Sent from my SM-G900P using Tapatalk


----------



## YayItsBlake (Apr 11, 2016)

Rad. Nice to see someone finally get their hands on one (and share with us). I really like the idea of being able to change settings on the fly, as that tends to be the way the road changes as well. 👍

Sent from my LG-H811 using Tapatalk


----------



## hunTTsvegas (Aug 27, 2012)

Thanks for the input. 

Sent from my LG-H901 using Tapatalk


----------



## erabbit777 (Jan 11, 2009)

I want one!😍

Sent from my VS986 using Tapatalk


----------



## TheDeckMan (Sep 26, 2004)

Great review, been planning on getting one for the street car :beer:


----------



## racin2redline (Sep 25, 2008)

erabbit777 said:


> I want one!😍
> 
> Sent from my VS986 using Tapatalk


get one. it's worth the upcharge over just a flash price. so much more hardware makes you feel like you paid for something lol 

I was playing with "dynamic" mode last night. pretty cool in theory. I have it set so it bounces between sport mode and competition. there is threshold adjustment that tell the programming how long to hold the more aggressive comp mode before dropping back into sport mode or economy. 
it decides when to ramp up based on throttle position , rpm and speed... 
awesomeness. 
great for nice roads that change pace quickly. all without even touching the controller!


----------



## erabbit777 (Jan 11, 2009)

racin2redline said:


> get one. it's worth the upcharge over just a flash price. so much more hardware makes you feel like you paid for something lol
> 
> I was playing with "dynamic" mode last night. pretty cool in theory. I have it set so it bounces between sport mode and competition. there is threshold adjustment that tell the programming how long to hold the more aggressive comp mode before dropping back into sport mode or economy.
> it decides when to ramp up based on throttle position , rpm and speed...
> ...


Yeah, this is definitely going on my list. After the Haldex service (which I'm considering doing myself) and exhaust.
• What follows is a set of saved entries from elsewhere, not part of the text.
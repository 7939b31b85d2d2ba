-- ===== src/Devices/Values.antt =====
-- src/wstangoproc_common/TangoProcessor.h and TangoProcessor.cpp: the JSON texts of values, of the
-- data of a command, of attributes and of pipes.
use web_socket_ds.Base.{
  ℕ, ◌*◌, String, ◌<>◌, Bool, true, false, List, [], ◌∷◌, Option, none, some, if◌then◌else◌, ltb,
  nat_beq, nonempty, str_beq, length, is_nil, take, get_or,
}
use web_socket_ds.Base.Int.{ℤ, pos, negsuc, stoi, show_int, show_nat}
use web_socket_ds.Base.Dict.{Dict, lookup, string_eq}
use web_socket_ds.StringProc.Split.{parse_input_string}
use web_socket_ds.UserControl.{bool_text}
use web_socket_ds.Connections.{UserOptions}
use web_socket_ds.Devices.{
  TangoType, type_of_data, data_d, array, AttrDataFormat, scalar, image, Value, real, number,
  boolean, text, state, DeviceData, one, many, AttributeData, PipeElement, Asked, got, dev_failed,
  TypeIosOpt, prec, precf, precs, Formats,
}

-- The precision that `_outForFloat` sets.
unfoldable pub precision_in : ℤ → ℕ
precision_in (pos n) = if ltb 20 n then 0 else n
precision_in (negsuc n) = 0

-- `get_srsz`; 6 is the precision of a new stream.
unfoldable pub get_srsz : String → ℤ
get_srsz from_opt_str = if nonempty from_opt_str then get_or (stoi from_opt_str) (pos 6) else pos 6

abbrev pub po_name : List String → String
po_name [] = ""
po_name (x ∷ xs) = x

abbrev pub po_val : List String → String
po_val (x ∷ y ∷ ys) = y
po_val _ = ""

-- The manipulator and the precision, by the option, as in "precf=3".
unfoldable pub float_format : String → TypeIosOpt × ℕ
float_format opt =
    let po = (parse_input_string opt "=" true).1 in
    if str_beq (po_name po) "prec"
    then (prec, precision_in (get_srsz (po_val po)))
    else if str_beq (po_name po) "precf"
    then (precf, precision_in (get_srsz (po_val po)))
    else if str_beq (po_name po) "precs"
    then (precs, precision_in (get_srsz (po_val po)))
    else (prec, precision_in (pos 6))

module _ {F : Type 0} (f : Formats F) (opt : UserOptions) where
  -- `_dataValueToStr`.
  unfoldable pub data_value_to_str : Value F → String
  data_value_to_str (real x) = let (ios, n) = float_format opt.precision in f.print ios n x
  data_value_to_str (number n) = show_int n
  data_value_to_str (boolean b) = bool_text b
  data_value_to_str (text s) = if opt.is_json_string then s else "\"" <> s <> "\""
  data_value_to_str (state s) = s

  rest_to_str : List (Value F) → String
  rest_to_str [] = ""
  rest_to_str (v ∷ vs) = ", " <> data_value_to_str v <> rest_to_str vs

  -- `_dataArrayToStr`.
  unfoldable pub data_array_to_str : List (Value F) → String
  unfolding rest_to_str
  data_array_to_str [] = ""
  data_array_to_str (v ∷ vs) = data_value_to_str v <> rest_to_str vs

  -- Tango's data has the form of its type.
  unfoldable pub one_text : DeviceData F → String
  one_text (one v) = " " <> data_value_to_str v
  one_text _ = ""

  unfoldable pub many_text : DeviceData F → String
  many_text (many vs) = " [" <> data_array_to_str vs <> " ]"
  many_text _ = ""

  abbrev state_text : DeviceData F → String
  state_text (one (state s)) = " \"" <> s <> "\""
  state_text _ = ""

  -- `_generateJsonFromDeviceDataTmpl`.
  unfoldable pub by_kind : TangoType → DeviceData F → String
  by_kind t d = elim (type_of_data t) [ data_d ↦ one_text d | array ↦ many_text d | _ ↦ "" ]

  abbrev none_comm : String
  none_comm = " \"This type Not supported\""

  -- `_generateJsonFromDeviceData`; a type of -1 is `dev_void`.
  unfoldable pub generate_json_from_device_data : TangoType × DeviceData F → String
  generate_json_from_device_data (t, d) = elim t [
    | TangoType.dev_void ↦ " \"OK\""
    | TangoType.devvar_longstringarray ↦ none_comm
    | TangoType.devvar_doublestringarray ↦ none_comm
    | TangoType.dev_state ↦ state_text d
    | TangoType.devvar_booleanarray ↦ none_comm
    | TangoType.dev_uchar ↦ none_comm
    | TangoType.const_dev_string ↦ none_comm
    | TangoType.dev_int ↦ none_comm
    | TangoType.dev_encoded ↦ none_comm
    | other ↦ by_kind other d
  ]

  abbrev is_array_format : AttrDataFormat → Bool
  is_array_format scalar = false
  is_array_format _ = true

  abbrev is_image_format : AttrDataFormat → Bool
  is_image_format image = true
  is_image_format _ = false

  unfoldable pub dimensions_text : AttributeData F → String
  dimensions_text a =
      (if is_array_format a.format then "\"dimX\": " <> show_nat a.dim_x <> ", " else "")
      <> (if is_image_format a.format then "\"dimY\": " <> show_nat a.dim_y <> ", " else "")
      <> "\"data\": "

  -- The values that were read: an array holds those that are set as well.
  unfoldable pub read_part : AttributeData F → List (Value F)
  read_part a = take (a.dim_x * (if nat_beq a.dim_y 0 then 1 else a.dim_y)) a.read

  -- A scalar state is made a text first.
  abbrev first_text : List (Value F) → String
  first_text [] = ""
  first_text (state s ∷ vs) = data_value_to_str (text s)
  first_text (v ∷ vs) = data_value_to_str v

  unfoldable pub set_text : AttributeData F → String
  set_text a =
      if is_array_format a.format
      then (if is_nil a.set then "" else ", \"set\": [" <> data_array_to_str a.set <> "]")
      else if nat_beq (length a.set) 1
      then ", \"set\": " <> first_text a.set
      else ""

  unfoldable pub read_text : AttributeData F → String
  read_text a =
      dimensions_text a
      <> (if is_array_format a.format
          then "[" <> data_array_to_str (read_part a) <> "]"
          else first_text a.read)

  abbrev is_state : AttributeData F → Bool
  is_state a = elim a.type [ TangoType.dev_state ↦ true | _ ↦ false ]

  -- `_devAttrToStrTmpl`: a scalar state has no set value.
  unfoldable pub dev_attr_to_str : AttributeData F → String
  dev_attr_to_str a =
      if is_state a
      then (if is_array_format a.format then read_text a <> set_text a else read_text a)
      else read_text a <> set_text a

  -- `_deviceAttributeToStr`: characters have no set value.
  unfoldable pub device_attribute_to_str : AttributeData F → String
  device_attribute_to_str a = elim a.type [
    | TangoType.dev_boolean ↦ dev_attr_to_str a
    | TangoType.dev_short ↦ dev_attr_to_str a
    | TangoType.dev_long ↦ dev_attr_to_str a
    | TangoType.dev_long64 ↦ dev_attr_to_str a
    | TangoType.dev_float ↦ dev_attr_to_str a
    | TangoType.dev_double ↦ dev_attr_to_str a
    | TangoType.dev_uchar ↦ read_text a
    | TangoType.dev_ushort ↦ dev_attr_to_str a
    | TangoType.dev_ulong ↦ dev_attr_to_str a
    | TangoType.dev_ulong64 ↦ dev_attr_to_str a
    | TangoType.dev_string ↦ dev_attr_to_str a
    | TangoType.dev_state ↦ dev_attr_to_str a
    | TangoType.dev_enum ↦ dev_attr_to_str a
    | _ ↦ "\"data\": null"
  ]

  -- `_generateJsonForAttribute`.
  unfoldable pub generate_json_for_attribute : AttributeData F → String
  generate_json_for_attribute a =
      "\""
      <> a.attr_name
      <> "\": {"
      <> (if str_beq a.quality "VALID" then "" else "\"qual\": \"" <> a.quality <> "\", ")
      <> (if str_beq a.quality "INVALID" then "\"data\": null" else device_attribute_to_str a)
      <> "}"

abbrev no_json : String → UserOptions
no_json prec_opt = record { precision = prec_opt; precisions = []; is_json_string = false }

module _ {F : Type 0} (f : Formats F) (prec_opts : Dict String String) where
  abbrev options_for : String → UserOptions
  options_for name = no_json (get_or (lookup name prec_opts) "")

  attr_items : Bool → List (AttributeData F) → String
  attr_items first [] = ""
  attr_items first (a ∷ rest) =
      (if first then "" else ", ")
      <> generate_json_for_attribute f (options_for a.attr_name) a
      <> attr_items false rest

  -- `_generateJsonForAttrList`.
  unfoldable pub generate_json_for_attr_list : List (AttributeData F) → String
  unfolding attr_items
  generate_json_for_attr_list l = "{" <> attr_items true l <> "}"

  -- `_extractFromPipeTmpl`.
  unfoldable pub extract_one : UserOptions → Asked (List (Value F)) → String
  extract_one opt (dev_failed errs) = "\"Exception from TangoProcessor_bck::forExtractingFromPipe\""
  extract_one opt (got []) = ""
  extract_one opt (got (v ∷ vs)) = data_value_to_str f opt v

  unfoldable pub extract_many : UserOptions → Asked (List (Value F)) → String
  extract_many opt (dev_failed errs) =
      "\"Exception from TangoProcessor_bck::forExtractingFromPipe\""
  extract_many opt (got vs) = "[" <> data_array_to_str f opt vs <> "]"

  -- What is written, and the texts of a `DevFailed` that ends the writing.
  abbrev Written : Type 0
  Written = String × Option (List String)

  -- A state is taken out without a `catch`.
  unfoldable pub extract_state : Asked (List (Value F)) → Written
  extract_state (got (state s ∷ vs)) = ("\"" <> s <> "\"", none)
  extract_state (got vs) = ("", none)
  extract_state (dev_failed errs) = ("", some errs)

  unfoldable pub extract_kind : TangoType → UserOptions → Asked (List (Value F)) → Written
  extract_kind t opt vs = elim (type_of_data t) [
    | array ↦ (extract_many opt vs, none)
    | _ ↦ (extract_one opt vs, none)
  ]

  -- `_extractFromPipe`.
  unfoldable pub extract_from_pipe : PipeElement F → Written
  extract_from_pipe e = elim e.type [
    | TangoType.dev_void ↦ ("null", none)
    | TangoType.devvar_chararray ↦ ("null", none)
    | TangoType.devvar_longstringarray ↦ ("null", none)
    | TangoType.devvar_doublestringarray ↦ ("null", none)
    | TangoType.dev_uchar ↦ ("null", none)
    | TangoType.const_dev_string ↦ ("null", none)
    | TangoType.dev_int ↦ ("null", none)
    | TangoType.dev_encoded ↦ ("null", none)
    | TangoType.dev_state ↦ extract_state e.extracted
    | other ↦ extract_kind other (options_for e.name) e.extracted
  ]

  abbrev join_item : String → Written → Written → Written
  join_item key (item, none) (rest, failed) = (key <> item <> rest, failed)
  join_item key (item, some errs) rest = (key <> item, some errs)

  unfoldable pub pipe_items : Bool → List (PipeElement F) → Written
  pipe_items first [] = ("", none)
  pipe_items first (e ∷ rest) =
      join_item ((if first then "" else ", ") <> "\"" <> e.name <> "\": ") (extract_from_pipe e)
        (pipe_items false rest)

  abbrev braces : Written → Written
  braces (items, none) = ("{" <> items <> "}", none)
  braces (items, some errs) = ("{" <> items, some errs)

  -- `_generateJsonForPipe`.
  unfoldable pub generate_json_for_pipe : List (PipeElement F) → Written
  generate_json_for_pipe es = braces (pipe_items true es)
Sent from my VS986 using Tapatalk


----------



## erabbit777 (Jan 11, 2009)

racin2redline said:


> get one. it's worth the upcharge over just a flash price. so much more hardware makes you feel like you paid for something lol
> 
> I was playing with "dynamic" mode last night. pretty cool in theory. I have it set so it bounces between sport mode and competition. there is threshold adjustment that tell the programming how long to hold the more aggressive comp mode before dropping back into sport mode or economy.
> it decides when to ramp up based on throttle position , rpm and speed...
> ...


Yeah, this is definitely going on my list. After the Haldex service (which I'm considering doing myself) and exhaust.

Sent from my VS986 using Tapatalk


----------



## l88m22vette (Mar 2, 2006)

Great review, I really like it and am totally in for any updates you have opcorn:


----------



## Lorem (Nov 19, 2003)

Nice going ! Please keep us posted!


----------



## Converted2VW (Apr 8, 2009)

Sweet review! Thx for sharing.

This is something I'm interested in getting once the $$ flow in the near future 

Question: does the little box get in the way of the donut spare tire?


----------



## racin2redline (Sep 25, 2008)

Converted2VW said:


> Sweet review! Thx for sharing.
> 
> This is something I'm interested in getting once the $$ flow in the near future
> 
> Question: does the little box get in the way of the donut spare tire?
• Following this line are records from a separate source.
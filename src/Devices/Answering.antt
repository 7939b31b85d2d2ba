-- ===== src/Devices/Answering.antt =====
-- src/wstangoproc_common/TangoProcessor.cpp and WSTangoConn.cpp: the texts of the answers to the
-- asynchronous requests, and `_forCheckResponse` for a device.
use web_socket_ds.Base.{
  ℕ, String, ◌<>◌, Bool, true, false, ◌&&◌, List, none, some, if◌then◌else◌, nonempty,
}
use web_socket_ds.Base.Int.{stoi, show_int}
use web_socket_ds.Wire.{Mode, ErrorType, TypeWsReq, single, group}
use web_socket_ds.Wire.Kinds.{is_client}
use web_socket_ds.StringProc.Response.{error_info, exception_string_out}
use web_socket_ds.Connections.{TaskInfo, CheckReply, arrived, not_arrived}
use web_socket_ds.Connections
use web_socket_ds.Devices.{
  TangoType, DeviceData, AttributeData, Formats, Replied, came, not_yet, reply_failed, Devices,
}
use web_socket_ds.Devices.Values.{generate_json_from_device_data, generate_json_for_attr_list}

abbrev pub is_command_task : TaskInfo → Bool
is_command_task t = elim t.type_asynq_req [ TypeWsReq.command ↦ true | _ ↦ false ]

abbrev pub is_read_task : TaskInfo → Bool
is_read_task t = elim t.type_asynq_req [ TypeWsReq.attribute_read ↦ true | _ ↦ false ]

abbrev pub is_write_task : TaskInfo → Bool
is_write_task t = elim t.type_asynq_req [ TypeWsReq.attribute_write ↦ true | _ ↦ false ]

abbrev pub is_group_task : TaskInfo → Bool
is_group_task t = elim t.single_or_group [ group ↦ true | _ ↦ false ]

abbrev pub is_single_task : TaskInfo → Bool
is_single_task t = elim t.single_or_group [ single ↦ true | _ ↦ false ]

unfoldable pub id_req_text : String → String
id_req_text id = elim (stoi id) [ none ↦ "" | some n ↦ " \"id_req\": " <> show_int n <> "," ]

-- What stands behind `"data": ` in the old version of the JSON.
unfoldable pub old_head : TaskInfo → String
old_head t =
    (if is_command_task t
      then "{\"command_name\": \""
        <> t.req_name
        <> "\", "
        <> (if is_group_task t then "" else "\"device_name\": \"" <> t.device_name <> "\", ")
        <> "\"argout\":"
        <> (if is_group_task t then "{\"" <> t.device_name <> "\": " else "")
      else "")
    <> (if is_read_task t then "{\"" <> t.device_name <> "\":" else "")

unfoldable pub new_names : TaskInfo → String
new_names t =
    (if nonempty t.device_name then "\"device_name\": \"" <> t.device_name <> "\", " else "")
    <> (if is_command_task t then "\"command_name\": \"" <> t.req_name <> "\", " else "")

-- `_generateHeadForJson` for a task.
unfoldable pub generate_head : TaskInfo → Bool → String
generate_head t use_old_version =
    "{\"event\": \"read\", \"type_req\": \""
    <> t.type_req_str
    <> "\","
    <> (if use_old_version then "" else new_names t)
    <> (if is_write_task t then "\"attr_name\": \"" <> t.req_name <> "\", " else "")
    <> id_req_text t.id_req
    <> (if is_write_task t then " \"resp\": " else " \"data\": ")
    <> (if use_old_version then old_head t else "")

-- `_generateHeadForJson` for a pipe.
unfoldable pub generate_head_for_pipe : String → String → String → String
generate_head_for_pipe type_req id_req device_name =
    "{\"event\": \"read\", \"type_req\": \""
    <> type_req
    <> "\","
    <> (if nonempty device_name then " \"device_name\": \"" <> device_name <> "\"," else "")
    <> id_req_text id_req
    <> " \"data\": "

unfoldable pub check_code : TaskInfo → String
check_code t = exception_string_out (record (error_info ErrorType.check_code) {
  id = t.id_req;
  typeof_req = "unknown";
  error_message = "CHECK WSTangoConn::_forCheckResponse";
})

module _ {F : Type 0} (f : Formats F) (t : TaskInfo) where
  -- The texts of `processCommandResponse`, for a device and for a group.
  unfoldable pub command_response : Bool → TangoType × DeviceData F → String
  command_response old out =
      generate_head t old
      <> generate_json_from_device_data f t.user_options out
      <> (if old then "}" else "")
      <> "}"

  unfoldable pub command_response_of_group : Bool → TangoType × DeviceData F → String
  command_response_of_group old out =
      generate_head t old
      <> generate_json_from_device_data f t.user_options out
      <> (if old then "}" <> (if is_group_task t then "}" else "") else "")
      <> "}"

  -- `processAttrReadResponse`.
  unfoldable pub attr_read_response : Bool → List (AttributeData F) → String
  attr_read_response old attrs =
      generate_head t old
      <> generate_json_for_attr_list f t.user_options.precisions attrs
      <> (if old then "}" else "")
      <> "}"

  -- `processAttrWriteResponse`.
  unfoldable pub attr_write_response : String
  attr_write_response = generate_head t false <> "\"OK\"" <> "}"

module _ {F W : Type 0} (f : Formats F) (d : Devices F W) (mode : Mode) (old : Bool) where
  unfoldable pub reply_text : {A : Type 0} → (A → String) → Replied A × W → CheckReply × W
  reply_text show (came a, w) = (arrived (show a), w)
  reply_text show (not_yet, w) = (not_arrived, w)
  reply_text show (reply_failed errs, w) = (Connections.dev_failed errs, w)

  -- The server build answers here for a single device only.
  abbrev answered_here : TaskInfo → Bool
  answered_here t = if is_client mode then true else is_single_task t

  -- `_forCheckResponse` for a device.
  unfoldable pub for_check_response : ℕ × TaskInfo → String → W → CheckReply × W
  for_check_response (id, t) device w =
      if is_command_task t && answered_here t
      then reply_text (command_response f t old) (d.command_inout_reply device id w)
      else if is_read_task t && answered_here t
      then reply_text (attr_read_response f t old) (d.read_attributes_reply device id w)
      else if is_write_task t && answered_here t
      then reply_text (λ u. attr_write_response f t) (d.write_attribute_reply device id w)
      else (arrived (check_code t), w)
where it is now I'd imagine it wouldn't clear the spare. there is plenty of harness to move it wherever you'd like in the trunk.
I

Sent from my SM-G900P using Tapatalk


----------



## Converted2VW (Apr 8, 2009)

racin2redline said:


> where it is now I'd imagine it wouldn't clear the spare. there is plenty of harness to move it wherever you'd like in the trunk.
> I
> 
> Sent from my SM-G900P using Tapatalk


Thx much appreciated!


----------



## tfifeco (Aug 4, 2014)

not trying to hijack this thread at all .. just wanted to throw this out there if anyone is interested

If anyone is interested. I have one of the very first original HPA touch motion Haldex units when they first launched back about a year and a half ago. Right after I bought and installed it, used it for a couple months, then I started my Turbo upgrade project, that went from bad to worse to a nightmare. Now the car is sitting on blocks, front end is off and about to pull the motor. This LIKE NEW, HPA Touch motion is sitting in the car not being used. and honestly I don't know when I will get the car back on the road, could be a long time. So, I am considering selling it, mainly because I could use the cash in other areas, and also let someone put it to use.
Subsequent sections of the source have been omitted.